* WHAT NEEDS TO BE DONE:
Report, word for word, every line of the material that contains "HttpIngressPath".

***** GIVEN DATA *****

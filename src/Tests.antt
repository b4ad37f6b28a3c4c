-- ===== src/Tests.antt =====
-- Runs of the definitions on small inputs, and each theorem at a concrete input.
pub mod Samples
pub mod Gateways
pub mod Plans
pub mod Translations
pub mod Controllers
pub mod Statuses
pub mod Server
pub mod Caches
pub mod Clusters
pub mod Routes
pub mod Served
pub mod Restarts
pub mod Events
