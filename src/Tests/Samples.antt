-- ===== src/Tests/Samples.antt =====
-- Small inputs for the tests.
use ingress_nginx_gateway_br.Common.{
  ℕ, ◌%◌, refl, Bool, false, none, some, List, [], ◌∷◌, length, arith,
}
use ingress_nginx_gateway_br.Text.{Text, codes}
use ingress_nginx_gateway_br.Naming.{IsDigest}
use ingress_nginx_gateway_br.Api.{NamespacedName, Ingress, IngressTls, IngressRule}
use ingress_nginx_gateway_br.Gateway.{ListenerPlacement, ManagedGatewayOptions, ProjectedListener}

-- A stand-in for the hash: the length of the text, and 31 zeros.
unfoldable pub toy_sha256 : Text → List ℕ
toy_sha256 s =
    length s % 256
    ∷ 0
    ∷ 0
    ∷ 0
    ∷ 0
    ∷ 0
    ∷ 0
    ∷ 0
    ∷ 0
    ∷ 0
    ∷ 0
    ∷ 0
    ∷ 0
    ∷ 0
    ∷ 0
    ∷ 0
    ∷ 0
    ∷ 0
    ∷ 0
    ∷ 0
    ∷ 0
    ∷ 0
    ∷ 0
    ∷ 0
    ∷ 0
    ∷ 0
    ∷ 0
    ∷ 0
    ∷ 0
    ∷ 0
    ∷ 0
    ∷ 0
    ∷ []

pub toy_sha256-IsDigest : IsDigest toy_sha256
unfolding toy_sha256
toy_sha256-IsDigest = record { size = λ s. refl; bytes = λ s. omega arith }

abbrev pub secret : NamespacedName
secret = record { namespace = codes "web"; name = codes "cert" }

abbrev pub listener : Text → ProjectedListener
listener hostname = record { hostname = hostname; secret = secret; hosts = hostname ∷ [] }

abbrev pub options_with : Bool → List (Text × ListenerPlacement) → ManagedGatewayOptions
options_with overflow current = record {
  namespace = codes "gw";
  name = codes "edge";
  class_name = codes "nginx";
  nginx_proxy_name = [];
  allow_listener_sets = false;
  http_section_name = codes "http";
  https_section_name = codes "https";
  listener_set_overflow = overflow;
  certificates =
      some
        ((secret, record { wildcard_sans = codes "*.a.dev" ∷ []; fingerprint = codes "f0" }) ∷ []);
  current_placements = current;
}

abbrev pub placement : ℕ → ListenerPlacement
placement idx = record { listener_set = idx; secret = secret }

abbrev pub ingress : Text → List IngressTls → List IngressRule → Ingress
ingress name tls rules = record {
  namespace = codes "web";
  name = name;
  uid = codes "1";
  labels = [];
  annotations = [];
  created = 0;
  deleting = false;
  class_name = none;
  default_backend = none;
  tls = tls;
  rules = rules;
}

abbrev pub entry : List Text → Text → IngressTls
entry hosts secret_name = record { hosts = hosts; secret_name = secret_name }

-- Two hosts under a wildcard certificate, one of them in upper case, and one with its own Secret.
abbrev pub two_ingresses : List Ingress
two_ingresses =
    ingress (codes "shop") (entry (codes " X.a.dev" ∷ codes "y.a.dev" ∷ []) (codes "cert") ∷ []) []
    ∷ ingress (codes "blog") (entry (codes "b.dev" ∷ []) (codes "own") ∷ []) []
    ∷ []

*****
***** GIVEN DATA *****

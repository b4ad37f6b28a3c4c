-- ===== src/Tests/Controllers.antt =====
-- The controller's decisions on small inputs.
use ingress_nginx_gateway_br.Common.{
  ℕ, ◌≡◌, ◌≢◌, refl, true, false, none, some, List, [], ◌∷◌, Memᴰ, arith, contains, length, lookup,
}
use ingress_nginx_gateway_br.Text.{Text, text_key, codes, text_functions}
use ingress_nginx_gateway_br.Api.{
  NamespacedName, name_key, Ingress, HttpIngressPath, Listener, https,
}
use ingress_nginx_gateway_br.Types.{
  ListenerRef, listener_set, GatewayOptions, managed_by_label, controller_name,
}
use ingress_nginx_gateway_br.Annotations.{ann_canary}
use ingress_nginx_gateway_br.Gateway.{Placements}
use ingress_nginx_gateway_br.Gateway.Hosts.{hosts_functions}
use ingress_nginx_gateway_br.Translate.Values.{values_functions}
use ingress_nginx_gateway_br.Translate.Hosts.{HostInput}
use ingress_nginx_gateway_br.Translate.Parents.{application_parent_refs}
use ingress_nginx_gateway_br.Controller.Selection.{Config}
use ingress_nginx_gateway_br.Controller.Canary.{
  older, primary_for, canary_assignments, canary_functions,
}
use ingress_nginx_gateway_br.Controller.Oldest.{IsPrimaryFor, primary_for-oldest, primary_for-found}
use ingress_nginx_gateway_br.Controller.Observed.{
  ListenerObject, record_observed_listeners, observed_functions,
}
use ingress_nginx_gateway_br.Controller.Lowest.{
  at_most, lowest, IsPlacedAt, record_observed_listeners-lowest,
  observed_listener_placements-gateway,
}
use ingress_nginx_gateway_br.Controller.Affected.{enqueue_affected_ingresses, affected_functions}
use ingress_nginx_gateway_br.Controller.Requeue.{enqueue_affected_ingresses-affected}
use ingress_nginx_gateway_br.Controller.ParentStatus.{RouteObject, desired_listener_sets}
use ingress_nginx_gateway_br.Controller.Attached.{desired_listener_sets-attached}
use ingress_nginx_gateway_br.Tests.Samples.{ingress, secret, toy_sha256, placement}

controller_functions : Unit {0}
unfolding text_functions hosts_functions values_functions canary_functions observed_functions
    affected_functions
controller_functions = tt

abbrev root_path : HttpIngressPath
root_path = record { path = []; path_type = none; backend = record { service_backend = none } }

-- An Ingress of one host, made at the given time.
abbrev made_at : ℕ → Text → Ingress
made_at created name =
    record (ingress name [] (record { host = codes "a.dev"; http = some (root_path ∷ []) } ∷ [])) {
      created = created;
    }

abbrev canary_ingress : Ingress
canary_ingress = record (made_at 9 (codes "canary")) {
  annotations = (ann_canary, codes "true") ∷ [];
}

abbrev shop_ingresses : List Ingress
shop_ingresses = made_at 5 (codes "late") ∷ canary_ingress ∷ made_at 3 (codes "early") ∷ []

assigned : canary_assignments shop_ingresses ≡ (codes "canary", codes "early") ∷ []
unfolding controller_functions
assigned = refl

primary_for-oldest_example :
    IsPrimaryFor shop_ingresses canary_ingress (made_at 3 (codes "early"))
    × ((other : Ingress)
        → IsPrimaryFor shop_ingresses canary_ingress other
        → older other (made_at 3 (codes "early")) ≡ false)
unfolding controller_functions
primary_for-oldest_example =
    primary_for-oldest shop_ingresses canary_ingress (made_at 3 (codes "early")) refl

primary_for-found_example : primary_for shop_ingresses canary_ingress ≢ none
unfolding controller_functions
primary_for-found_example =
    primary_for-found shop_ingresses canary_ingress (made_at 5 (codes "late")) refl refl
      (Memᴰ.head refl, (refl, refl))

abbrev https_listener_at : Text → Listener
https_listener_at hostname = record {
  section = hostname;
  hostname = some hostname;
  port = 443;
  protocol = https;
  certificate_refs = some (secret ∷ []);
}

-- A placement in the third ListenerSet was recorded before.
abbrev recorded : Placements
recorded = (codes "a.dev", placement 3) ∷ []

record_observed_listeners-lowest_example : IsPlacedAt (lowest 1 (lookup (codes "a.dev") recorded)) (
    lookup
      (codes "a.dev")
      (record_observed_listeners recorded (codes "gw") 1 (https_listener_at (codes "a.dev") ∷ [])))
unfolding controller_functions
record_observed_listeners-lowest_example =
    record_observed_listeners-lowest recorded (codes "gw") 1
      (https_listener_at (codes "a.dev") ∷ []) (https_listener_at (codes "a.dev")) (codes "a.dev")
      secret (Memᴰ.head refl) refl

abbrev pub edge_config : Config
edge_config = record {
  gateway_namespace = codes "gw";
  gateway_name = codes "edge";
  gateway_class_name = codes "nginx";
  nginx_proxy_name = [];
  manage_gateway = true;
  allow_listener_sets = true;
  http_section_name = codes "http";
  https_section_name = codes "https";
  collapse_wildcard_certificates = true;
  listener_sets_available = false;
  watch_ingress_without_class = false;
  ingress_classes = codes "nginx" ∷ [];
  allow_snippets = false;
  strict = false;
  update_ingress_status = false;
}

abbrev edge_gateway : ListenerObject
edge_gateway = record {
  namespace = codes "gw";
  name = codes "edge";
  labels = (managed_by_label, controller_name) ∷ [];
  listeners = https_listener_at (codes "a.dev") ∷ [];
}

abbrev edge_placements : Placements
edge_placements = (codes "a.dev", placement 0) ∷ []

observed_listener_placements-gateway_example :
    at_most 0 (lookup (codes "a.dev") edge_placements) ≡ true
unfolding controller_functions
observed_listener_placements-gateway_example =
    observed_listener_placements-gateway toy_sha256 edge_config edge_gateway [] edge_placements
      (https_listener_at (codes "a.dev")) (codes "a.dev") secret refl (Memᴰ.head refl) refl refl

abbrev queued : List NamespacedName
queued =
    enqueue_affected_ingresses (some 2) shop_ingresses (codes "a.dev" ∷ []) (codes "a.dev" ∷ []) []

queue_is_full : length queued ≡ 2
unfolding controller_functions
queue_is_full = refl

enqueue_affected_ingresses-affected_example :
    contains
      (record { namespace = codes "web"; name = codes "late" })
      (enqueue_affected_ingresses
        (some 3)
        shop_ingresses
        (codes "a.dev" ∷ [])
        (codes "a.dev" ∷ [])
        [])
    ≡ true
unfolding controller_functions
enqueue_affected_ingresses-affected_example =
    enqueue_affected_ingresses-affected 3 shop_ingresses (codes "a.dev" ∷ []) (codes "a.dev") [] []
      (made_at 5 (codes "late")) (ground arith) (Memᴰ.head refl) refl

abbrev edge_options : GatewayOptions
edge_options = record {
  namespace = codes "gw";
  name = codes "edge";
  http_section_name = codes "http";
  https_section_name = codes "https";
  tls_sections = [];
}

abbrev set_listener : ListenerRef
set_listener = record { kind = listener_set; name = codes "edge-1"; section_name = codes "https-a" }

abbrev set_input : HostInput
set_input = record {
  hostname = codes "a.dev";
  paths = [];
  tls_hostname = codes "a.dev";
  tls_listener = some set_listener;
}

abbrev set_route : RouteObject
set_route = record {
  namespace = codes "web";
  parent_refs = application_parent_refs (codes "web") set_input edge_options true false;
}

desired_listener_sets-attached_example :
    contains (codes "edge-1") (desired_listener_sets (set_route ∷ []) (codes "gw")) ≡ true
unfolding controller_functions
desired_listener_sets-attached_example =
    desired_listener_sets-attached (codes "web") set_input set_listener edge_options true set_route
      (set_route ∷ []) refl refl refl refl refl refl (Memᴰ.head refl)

*****
***** GIVEN DATA *****

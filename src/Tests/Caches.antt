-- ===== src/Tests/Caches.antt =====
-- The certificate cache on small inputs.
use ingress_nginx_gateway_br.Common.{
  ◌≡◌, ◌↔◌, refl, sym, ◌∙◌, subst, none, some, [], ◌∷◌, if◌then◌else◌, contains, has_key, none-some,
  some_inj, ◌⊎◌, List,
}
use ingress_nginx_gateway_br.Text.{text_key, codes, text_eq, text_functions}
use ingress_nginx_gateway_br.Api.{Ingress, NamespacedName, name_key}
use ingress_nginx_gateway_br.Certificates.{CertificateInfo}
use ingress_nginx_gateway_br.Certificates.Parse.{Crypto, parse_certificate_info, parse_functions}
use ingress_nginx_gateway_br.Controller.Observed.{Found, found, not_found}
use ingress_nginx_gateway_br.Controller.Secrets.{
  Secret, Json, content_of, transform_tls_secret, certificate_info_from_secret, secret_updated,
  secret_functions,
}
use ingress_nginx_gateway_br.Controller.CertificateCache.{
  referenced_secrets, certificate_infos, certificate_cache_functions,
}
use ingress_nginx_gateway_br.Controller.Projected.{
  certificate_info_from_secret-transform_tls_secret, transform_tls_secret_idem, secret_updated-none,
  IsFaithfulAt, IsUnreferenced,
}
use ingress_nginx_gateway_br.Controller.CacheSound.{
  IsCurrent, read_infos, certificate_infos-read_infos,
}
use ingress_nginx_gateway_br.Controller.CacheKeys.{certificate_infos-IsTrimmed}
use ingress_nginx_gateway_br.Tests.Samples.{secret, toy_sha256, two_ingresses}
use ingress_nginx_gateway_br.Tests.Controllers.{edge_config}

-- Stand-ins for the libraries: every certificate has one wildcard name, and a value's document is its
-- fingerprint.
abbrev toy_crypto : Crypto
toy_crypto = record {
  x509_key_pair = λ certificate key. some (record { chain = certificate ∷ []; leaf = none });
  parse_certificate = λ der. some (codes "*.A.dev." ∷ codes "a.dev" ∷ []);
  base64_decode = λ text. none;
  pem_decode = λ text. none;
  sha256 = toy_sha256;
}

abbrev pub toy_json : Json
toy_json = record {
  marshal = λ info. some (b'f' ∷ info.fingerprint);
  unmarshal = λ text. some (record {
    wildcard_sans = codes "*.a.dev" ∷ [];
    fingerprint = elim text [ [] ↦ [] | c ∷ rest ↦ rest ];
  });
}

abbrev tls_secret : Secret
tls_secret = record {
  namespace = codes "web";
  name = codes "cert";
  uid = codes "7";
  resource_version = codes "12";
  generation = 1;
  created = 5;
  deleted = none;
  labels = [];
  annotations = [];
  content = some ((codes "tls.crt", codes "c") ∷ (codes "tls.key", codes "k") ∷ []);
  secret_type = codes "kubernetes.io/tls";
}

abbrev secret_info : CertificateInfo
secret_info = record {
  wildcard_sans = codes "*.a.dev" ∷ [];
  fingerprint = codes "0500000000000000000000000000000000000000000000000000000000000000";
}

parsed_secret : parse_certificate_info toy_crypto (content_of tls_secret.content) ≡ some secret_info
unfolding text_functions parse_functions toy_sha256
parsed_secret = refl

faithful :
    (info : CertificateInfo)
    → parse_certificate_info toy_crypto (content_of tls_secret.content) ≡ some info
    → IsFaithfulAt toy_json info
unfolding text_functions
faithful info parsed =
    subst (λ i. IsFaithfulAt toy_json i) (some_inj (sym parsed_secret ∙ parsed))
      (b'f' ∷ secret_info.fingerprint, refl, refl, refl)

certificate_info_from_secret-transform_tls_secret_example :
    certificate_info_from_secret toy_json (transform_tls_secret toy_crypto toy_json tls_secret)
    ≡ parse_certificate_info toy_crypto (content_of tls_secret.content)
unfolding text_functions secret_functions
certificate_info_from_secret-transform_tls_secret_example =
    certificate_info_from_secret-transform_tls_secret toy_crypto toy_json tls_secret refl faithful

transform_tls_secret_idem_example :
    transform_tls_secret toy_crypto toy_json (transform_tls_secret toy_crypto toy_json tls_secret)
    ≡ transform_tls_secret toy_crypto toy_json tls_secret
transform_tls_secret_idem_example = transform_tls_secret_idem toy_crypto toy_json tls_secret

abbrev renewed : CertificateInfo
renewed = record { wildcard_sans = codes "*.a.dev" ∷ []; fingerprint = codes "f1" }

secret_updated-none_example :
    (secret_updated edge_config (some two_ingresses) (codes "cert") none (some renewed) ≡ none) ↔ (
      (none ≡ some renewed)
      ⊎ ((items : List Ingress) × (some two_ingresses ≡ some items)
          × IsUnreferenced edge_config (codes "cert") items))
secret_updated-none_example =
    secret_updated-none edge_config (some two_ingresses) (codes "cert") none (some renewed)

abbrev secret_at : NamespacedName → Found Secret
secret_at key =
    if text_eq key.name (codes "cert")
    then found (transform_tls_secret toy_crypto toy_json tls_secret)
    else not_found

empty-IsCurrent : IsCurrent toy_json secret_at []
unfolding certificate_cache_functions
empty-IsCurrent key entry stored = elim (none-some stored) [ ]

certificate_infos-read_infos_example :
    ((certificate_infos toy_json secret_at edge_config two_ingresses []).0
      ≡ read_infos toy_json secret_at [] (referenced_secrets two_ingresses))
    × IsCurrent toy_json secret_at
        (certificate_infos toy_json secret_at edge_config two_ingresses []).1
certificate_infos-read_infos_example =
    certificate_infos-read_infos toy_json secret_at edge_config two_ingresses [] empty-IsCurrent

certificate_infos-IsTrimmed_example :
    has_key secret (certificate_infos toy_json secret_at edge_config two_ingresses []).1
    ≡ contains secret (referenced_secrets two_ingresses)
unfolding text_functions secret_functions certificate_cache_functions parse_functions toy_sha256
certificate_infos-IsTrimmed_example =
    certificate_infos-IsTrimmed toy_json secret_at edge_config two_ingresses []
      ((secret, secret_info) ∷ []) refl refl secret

*****

* EXPECTED ANSWER:
  NamespacedName, name_key, Ingress, HttpIngressPath, Listener, https,
abbrev root_path : HttpIngressPath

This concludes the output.